Мужчины останавливаются.
– Это хороший знак, – говорит Каиров. – Увидеть знакомого – все равно что присесть перед дорогой.
– Давайте посидим, – предлагает Аленка. – Несколько секунд ведь можно.
– Можно, но не нужно. Все будет хорошо, Аленка, – улыбается Каиров.
– А вы молчите? – Аленка обращается к Чиркову.
– Вы оказались здесь так неожиданно, – смущенно говорит капитан.
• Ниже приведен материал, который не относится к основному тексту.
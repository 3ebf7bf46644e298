-- ===== src/EasyFs/Layout/Write/Round.antt =====
-- One round of `write_at`.
use r_core_tutorial_v3_arm.Base.{
  ℕ, ◌+◌, ◌-◌, ◌*◌, ◌/◌, ◌%◌, ◌≤◌, ◌<◌, ◌≡◌, refl, sym, ap, ◌∙◌, ◌⊎◌, inl, inr, true, false, List,
  arith, ltb, leb, ◌==◌, ltb→lt, ==_iff, eq_refl, Bool-cases, length, get_or, drop, contains,
  Distinct, done, length-drop,
}
use r_core_tutorial_v3_arm.EasyFs.Cache.{write_block}
use r_core_tutorial_v3_arm.EasyFs.Layout.{DiskInode, with_indices, slice}
use r_core_tutorial_v3_arm.EasyFs.Layout.Clear.{AreBlocks, max_blocks, length-take}
use r_core_tutorial_v3_arm.EasyFs.Layout.Copy.{same_place, get_or-take, get_or-drop}
use r_core_tutorial_v3_arm.EasyFs.Layout.Increase.Slots.{Represents}
use r_core_tutorial_v3_arm.EasyFs.Layout.Increase.Append.{get_elem?-contains}
use r_core_tutorial_v3_arm.EasyFs.Layout.Contents.{
  data_block, data_block-at, byte, data_block-apart,
}
use r_core_tutorial_v3_arm.EasyFs.Layout.Write.{copy_from_slice, write_round}
use r_core_tutorial_v3_arm.EasyFs.Layout.Write.Written.{
  length-copy_from_slice, get_or-copied, get_or-around, Represents-data,
}

-- The bytes from `start` to `end` of the file are those of `buf` from `from` on, and the others are as before.
pub record IsWritten (inode : DiskInode) (all : List ℕ) (n : ℕ) (before after : ℕ → List ℕ)
    (start end : ℕ) (buf : List ℕ) (from : ℕ) : Type 0 where
  pub kept : Represents inode after all
  pub bytes : (i : ℕ) → start ≤ i → i < end → byte all after i ≡ get_or buf (from + (i - start)) 0
  pub others :
      (i : ℕ) → i / 512 < n → (i < start) ⊎ (end ≤ i) → byte all after i ≡ byte all before i
  pub foreign : (b : ℕ) → contains all b ≡ false → after b ≡ before b

-- The device after a round.
abbrev written : (ℕ → List ℕ) → ℕ → ℕ → ℕ → ℕ → List ℕ → ℕ → List ℕ
written device id start from count buf =
    write_block device id (copy_from_slice (start % 512) (slice from count buf) (device id))

module _ (inode : DiskInode) (all : List ℕ) (n : ℕ) (d : Distinct all) (m : n ≤ max_blocks)
    (l : with_indices n ≤ length all) where
  pub append-IsWritten :
      (a b c : ℕ → List ℕ) (start mid end : ℕ) (buf : List ℕ) (from : ℕ)
      → start ≤ mid
      → mid ≤ end
      → end ≤ n * 512
      → IsWritten inode all n a b start mid buf from
      → IsWritten inode all n b c mid end buf (from + (mid - start))
      → IsWritten inode all n a c start end buf from
  append-IsWritten a b c start mid end buf from h k e v w = record {
    kept = w.kept;
    bytes = bytes;
    others = others;
    foreign = λ x y. w.foreign x y ∙ v.foreign x y;
  }
    where
      bytes : (i : ℕ) → start ≤ i → i < end → byte all c i ≡ get_or buf (from + (i - start)) 0
      bytes i p q = elim (Bool-cases (ltb i mid)) [
        | inl y ↦
            let early = ltb→lt i mid y in
            w.others i (omega (arith, q, e)) (inl early) ∙ v.bytes i p early
        | inr y ↦
            let late : mid ≤ i = ground (arith, y) in
            w.bytes i late q
            ∙ same_place buf (from + (mid - start) + (i - mid)) (from + (i - start))
                (omega (arith, h, late))
      ]

      others : (i : ℕ) → i / 512 < n → (i < start) ⊎ (end ≤ i) → byte all c i ≡ byte all a i
      others i p (inl q) = w.others i p (inl (omega (arith, q, h))) ∙ v.others i p (inl q)
      others i p (inr q) = w.others i p (inr q) ∙ v.others i p (inr (omega (arith, q, k)))

  pub round-IsWritten :
      (device : ℕ → List ℕ) (start stop : ℕ) (buf : List ℕ) (from : ℕ)
      → Represents inode device all
      → start ≤ stop
      → stop ≤ (start / 512 + 1) * 512
      → start / 512 < n
      → from + (stop - start) ≤ length buf
      → (device' : ℕ → List ℕ) × (write_round buf device
            (data_block all (start / 512))
            start
            from
            (stop - start)
          ≡ done device')
        × IsWritten inode all n device device' start stop buf from
  unfolding write_round
  round-IsWritten device start stop buf from r h k p fits = (
    (written device (data_block all (start / 512)) start from (stop - start) buf),
    rw (in_buffer, in_block) refl,
    record {
      kept =
          Represents-data inode device
            (written device (data_block all (start / 512)) start from (stop - start) buf) all
            (start / 512) n r d p l after-AreBlocks (λ b e. rw e);
      bytes = bytes;
      others = others;
      foreign = foreign;
    },
  )
    where
      in_buffer : leb (from + (stop - start)) (length buf) ≡ true
      in_buffer = ground (arith, fits)

      in_block : leb (start % 512 + (stop - start)) 512 ≡ true
      in_block = ground (arith, h, k)

      after-AreBlocks :
          AreBlocks (written device (data_block all (start / 512)) start from (stop - start) buf)
      after-AreBlocks b = ground (
        arith,
        r.blocks b,
        r.blocks (data_block all (start / 512)),
        length-copy_from_slice (start % 512) (slice from (stop - start) buf)
            (device (data_block all (start / 512))),
      )

      length-src : length (slice from (stop - start) buf) ≡ stop - start
      length-src =
          omega (arith, length-take (stop - start) (drop from buf), length-drop from buf, fits)

      at_id :
          (written device (data_block all (start / 512)) start from (stop - start) buf)
            (data_block all (start / 512))
          ≡ copy_from_slice
              (start % 512)
              (slice from (stop - start) buf)
              (device (data_block all (start / 512)))
      at_id = rw (eq_refl (data_block all (start / 512)))

      in_round :
          (i : ℕ)
          → i / 512 ≡ start / 512
          → byte all (written device (data_block all (start / 512)) start from (stop - start) buf) i
            ≡ get_or
                (copy_from_slice
                  (start % 512)
                  (slice from (stop - start) buf)
                  (device (data_block all (start / 512))))
                (i % 512)
                0
      in_round i e =
          ap
            (λ q.
              get_or
                ((written device (data_block all (start / 512)) start from (stop - start) buf)
                  (data_block all q))
                (i % 512) 0)
            e
          ∙ ap (λ b. get_or b (i % 512) 0) at_id

      bytes :
          (i : ℕ)
          → start ≤ i
          → i < stop
          → byte all (written device (data_block all (start / 512)) start from (stop - start) buf) i
            ≡ get_or buf (from + (i - start)) 0
      bytes i u v =
          in_round i (omega (arith, u, v, k))
          ∙ get_or-copied (start % 512) (slice from (stop - start) buf)
              (device (data_block all (start / 512))) (i % 512) (omega (arith, u, v, k))
              (omega (arith, u, v, k, length-src))
              (omega (arith, h, k, length-src, r.blocks (data_block all (start / 512))))
          ∙ same_place (slice from (stop - start) buf) (i % 512 - start % 512) (i - start)
              (omega (arith, u, v, k))
          ∙ get_or-take (stop - start) (i - start) (drop from buf) (omega (arith, u, v))
          ∙ get_or-drop from (i - start) buf

      others :
          (i : ℕ)
          → i / 512 < n
          → (i < start) ⊎ (stop ≤ i)
          → byte all (written device (data_block all (start / 512)) start from (stop - start) buf) i
            ≡ byte all device i
      others i q out = elim (Bool-cases (i / 512 == start / 512)) [
        | inl y ↦
            let e : i / 512 ≡ start / 512 = (==_iff (i / 512) (start / 512)).0 y in
            in_round i e
            ∙ get_or-around (start % 512) (slice from (stop - start) buf)
                (device (data_block all (start / 512))) (i % 512) (outside e out)
            ∙ ap (λ q. get_or (device (data_block all q)) (i % 512) 0) (sym e)
        | inr y ↦
            rw
              (data_block-apart all (start / 512) (i / 512) n d p q l
                (λ e. absurd (ground (arith, y, e))))
              refl
      ]
        where
          outside :
              i / 512 ≡ start / 512
              → (i < start) ⊎ (stop ≤ i)
              → (i % 512 < start % 512)
                ⊎ (start % 512 + length (slice from (stop - start) buf) ≤ i % 512)
          outside e (inl before) = inl (omega (arith, e, before))
          outside e (inr past) = inr (omega (arith, e, past, h, length-src))

      foreign :
          (b : ℕ)
          → contains all b ≡ false
          → (written device (data_block all (start / 512)) start from (stop - start) buf) b
            ≡ device b
      foreign b c = elim (Bool-cases ((data_block all (start / 512)) == b)) [
        | inr y ↦ rw y
        | inl y ↦ absurd (
            grind (
              arith,
              c,
              (==_iff (data_block all (start / 512)) b).0 y,
              get_elem?-contains all _ (data_block all (start / 512))
                  (data_block-at all (start / 512) n p l),
            ))
      ]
– Совсем нет... Приехала за ранеными.
– Я понимаю. Я выразился неправильно.
– Вы все правильно сказали. Я к вам придралась.
Чирков спросил:
– Что вы делаете Первого мая?
– Дежурю.
– Да... – Чирков говорит тихо и грустно. – У меня тоже будет какое-нибудь дело.
– А если не будет, приезжайте, – приглашает Аленка. – Я дежурю до шести вечера.
– Теперь темнеет поздно, – отвечает Чирков.
– Весна же... – Аленка поворачивается к Каирову: – Счастливого пути.
– Спасибо. А знаешь... Дай-ка я тебя поцелую, дочка.
Плечи у Каирова широкие. И голова Аленки исчезает между ними.
Катер возле пристани переваливается с борта на борт. Кто-то невидимый размахивает впереди зеленым фонарем, И линии получаются, как большие листья.
– Теперь можно отчаливать, – говорит капитан-лейтенант.
Каиров протягивает Чиркову руку:
– Я тобой доволен, Егор Матвеевич. Рад буду, если еще придется вместе работать. А вообще... Бодрости тебе, лихости, смелости... Только не покоя.
Застучали моторы. Метнулись над берегом вспугнутые чайки.
Корма катера поползла влево медленно, почти незаметно.
Темное пространство воды, хлюпающей о старые сваи, вдруг стало расширяться, вытягиваться, поигрывать скупыми предрассветными бликами. Потом катер осел, замер, стряхнул оцепенение и рванулся к створу портовых ворот. След за ним потянулся широкий, курчавый, белый, словно тополиный пух.